JURNALTODAY.CO, SAMARINDA – Dua Koperasi Desa/Kelurahan Merah Putih (KDKMP) di Kota Samarinda dipastikan telah rampung dibangun 100 persen. Pemerintah dan DPRD berharap koperasi tersebut mampu memperkuat perputaran ekonomi masyarakat sekaligus menyediakan kebutuhan pokok dengan harga terjangkau.

Wakil Ketua DPRD Kota Samarinda, Celni Pita Sari, mengatakan dua koperasi yang telah selesai berada di Kelurahan Harapan Baru, Kecamatan Loa Janan Ilir dan Kelurahan Karang Asam, Kecamatan Sungai Kunjang.

“Saat ini dari 59 kelurahan, ada 21 lokasi koperasi yang sedang dalam tahap pembangunan. Sementara dua lainnya sudah selesai 100 persen,” kata Celni saat menghadiri peresmian KDKMP Kelurahan Harapan Baru (16/5/2026).

Menurutnya, keberadaan koperasi tersebut diharapkan mampu membantu masyarakat mendapatkan bahan pokok dengan harga lebih murah sekaligus memperkuat ekonomi lokal.

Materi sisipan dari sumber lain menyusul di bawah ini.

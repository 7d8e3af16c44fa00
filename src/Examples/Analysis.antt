-- ===== src/Examples/Analysis.antt =====
-- src/util.cpp on the sample platform.
use tamara.Util.Neighbours.{Linked, Neighbour, analyse_connections-Neighbour}
use tamara.Util.Connections.{
  analyse_connections, note_cell, note_port, note_connection, sig_spec_to_wire,
  should_consider_for_tmr, link_wire, Analysis, get_rtlil_name, analyse_cell_outputs,
}
use tamara.Rtlil.Kernel.{wire, cell}
use tamara.Util.Lookups.{rtlil_inverse_lookup, rtlil_inverse_lookup-inverse}
use tamara.Util.Outputs.{HasSignal, Drives, analyse_cell_outputs-Drives}
use tamara.Util.Signals.{Signals, SignalOf, analyse_connections-SignalOf}
use tamara.Util.Links.{linked}
use tamara.Common.{String, false, ◌∷◌, [], if◌then◌else◌, refl, ◌↔◌, In, ◌≡◌, true}
use tamara.Sample.Netlist.{
  object, Netlist, Object, empty_netlist, platform, whole, same_object, Item,
}

abbrev signal_wire : String → Object
signal_wire name = object name "" 1 false false

abbrev gate : Object
gate = object "g" "$and" 0 false false

-- y = a & b, with the connection out = y, and with b ignored
abbrev and_netlist : Netlist
and_netlist = record empty_netlist {
  wires = signal_wire "a" ∷ signal_wire "b" ∷ signal_wire "y" ∷ signal_wire "out" ∷ [];
  cells = gate ∷ [];
  connections = (whole (signal_wire "out"), whole (signal_wire "y")) ∷ [];
  ports = λ c.
      if same_object c gate
      then ("A", whole (signal_wire "a"))
        ∷ ("B", whole (signal_wire "b"))
        ∷ ("Y", whole (signal_wire "y"))
        ∷ []
      else [];
}

analyse_connections-Neighbour_example :
    Linked platform (analyse_connections platform and_netlist) (wire (signal_wire "y")) (cell gate)
    ↔ Neighbour platform and_netlist (wire (signal_wire "y")) (cell gate)
analyse_connections-Neighbour_example =
    analyse_connections-Neighbour platform and_netlist (wire (signal_wire "y")) (cell gate)

-- the neighbours run back from the outputs: out, y, the cell, its inputs
analysis-links :
    (Linked platform
      (analyse_connections platform and_netlist)
      (wire (signal_wire "out"))
      (wire (signal_wire "y")))
    × (Linked platform
        (analyse_connections platform and_netlist)
        (wire (signal_wire "y"))
        (cell gate))
    × (Linked platform
        (analyse_connections platform and_netlist)
        (cell gate)
        (wire (signal_wire "b")))
unfolding analyse_connections note_cell note_port note_connection sig_spec_to_wire
    should_consider_for_tmr link_wire
analysis-links = (refl, refl, refl)

abbrev analysed : Analysis platform
analysed = analyse_connections platform and_netlist

rtlil_inverse_lookup-inverse_example :
    In (cell gate) (rtlil_inverse_lookup platform analysed.wires (signal_wire "a")) ↔ (
      (b : Item) × (linked platform.ptr_set platform.wire_map analysed.wires (cell gate) b ≡ true)
      × (get_rtlil_name platform b ≡ "a"))
rtlil_inverse_lookup-inverse_example =
    rtlil_inverse_lookup-inverse platform analysed.wires (signal_wire "a") (cell gate)

analyse_cell_outputs-Drives_example :
    HasSignal platform
      (analyse_cell_outputs platform and_netlist)
      (cell gate)
      (whole (signal_wire "y"))
    ↔ ((c : Object) × In c and_netlist.cells
        × Drives platform and_netlist (cell gate) (whole (signal_wire "y")) c)
analyse_cell_outputs-Drives_example =
    analyse_cell_outputs-Drives platform and_netlist (cell gate) (whole (signal_wire "y"))

analyse_connections-SignalOf_example :
    Signals platform
      (analyse_connections platform and_netlist)
      (wire (signal_wire "out"))
      (whole (signal_wire "y"))
    ↔ SignalOf platform and_netlist (wire (signal_wire "out")) (whole (signal_wire "y"))
analyse_connections-SignalOf_example =
    analyse_connections-SignalOf platform and_netlist (wire (signal_wire "out"))
      (whole (signal_wire "y"))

Ia menyebut KDKMP nantinya tidak hanya menyediakan pasar sembako murah, tetapi juga layanan kesehatan dan penyediaan obat-obatan dengan harga terjangkau.

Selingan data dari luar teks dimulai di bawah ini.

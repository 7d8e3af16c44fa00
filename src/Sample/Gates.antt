-- ===== src/Sample/Gates.antt =====
-- The meaning of the sample netlist.
use tamara.Common.{ℕ, ◌≡◌, refl, Bool, not, ◌&&◌, ◌||◌, List, [], ◌∷◌, length}
use tamara.Rtlil.Circuit.{Circuit, bits_from, any_bit, zero_extend}
use tamara.Sample.Netlist.{
  Object, Signal, whole, part, constant, Gate, inverter, and_gate, or_gate, reducer, buffer, joint,
  kernel,
}

abbrev Values : Type 0
Values = Object → ℕ → Bool

abbrev value_of : Values → Signal → List Bool
value_of v (whole w) = bits_from v w 0 (kernel.width w)
value_of v (part a i n) = bits_from v a i n
value_of v (constant n) = zero_extend n Bool.false

abbrev Obeys : Values → Gate → Type 0
Obeys v (inverter a y) =
    value_of v y ≡ zero_extend (length (value_of v y)) (not (any_bit (value_of v a)))
Obeys v (and_gate a b y) =
    value_of v y
    ≡ zero_extend (length (value_of v y)) (any_bit (value_of v a) && any_bit (value_of v b))
Obeys v (or_gate a b y) =
    value_of v y
    ≡ zero_extend (length (value_of v y)) (any_bit (value_of v a) || any_bit (value_of v b))
Obeys v (reducer a y) = value_of v y ≡ zero_extend (length (value_of v y)) (any_bit (value_of v a))
Obeys v (buffer a y) = length (value_of v a) ≡ length (value_of v y) → value_of v y ≡ value_of v a
Obeys v (joint l r) = length (value_of v l) ≡ length (value_of v r) → value_of v l ≡ value_of v r

abbrev ObeysAll : Values → List Gate → Type 0
ObeysAll v [] = Unit {0}
ObeysAll v (g ∷ gs) = ObeysAll v gs × Obeys v g

pub value_of-whole :
    (v : Values) (w : Object) → value_of v (whole w) ≡ bits_from v w 0 (kernel.width w)
value_of-whole v w = refl

abbrev pub circuit : Circuit kernel
circuit = record {
  Allows = λ m v. ObeysAll v m.gates;
  value = value_of;
  value-of_wire = value_of-whole;
  value-chunk = λ v w i n. refl;
  width-add_wire = λ s n m. refl;
  next_index-Allows = λ m v h. h;
  add_wire-Allows = λ s n m v h. h;
  set_bool_attribute-Allows = λ p s m v h. h;
  add_logic_not-Allows = λ s a y m v h. h;
  add_logic_and-Allows = λ s a b y m v h. h;
  add_logic_or-Allows = λ s a b y m v h. h;
  add_reduce_or-Allows = λ s a y m v h. h;
  add_buf-Allows = λ s a y m v same h. (h.0, h.1 same);
  connect-Allows = λ l r m v same h. (h.0, h.1 same);
}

“Tentu ini sangat membantu masyarakat untuk mendapatkan kebutuhan pokok dengan harga yang lebih terjangkau,” ujarnya.

Bacaan Lainnya

Celni menegaskan pengelolaan koperasi harus dilakukan secara profesional agar program yang digagas pemerintah pusat tersebut dapat berjalan berkelanjutan dan tidak menimbulkan persoalan di kemudian hari.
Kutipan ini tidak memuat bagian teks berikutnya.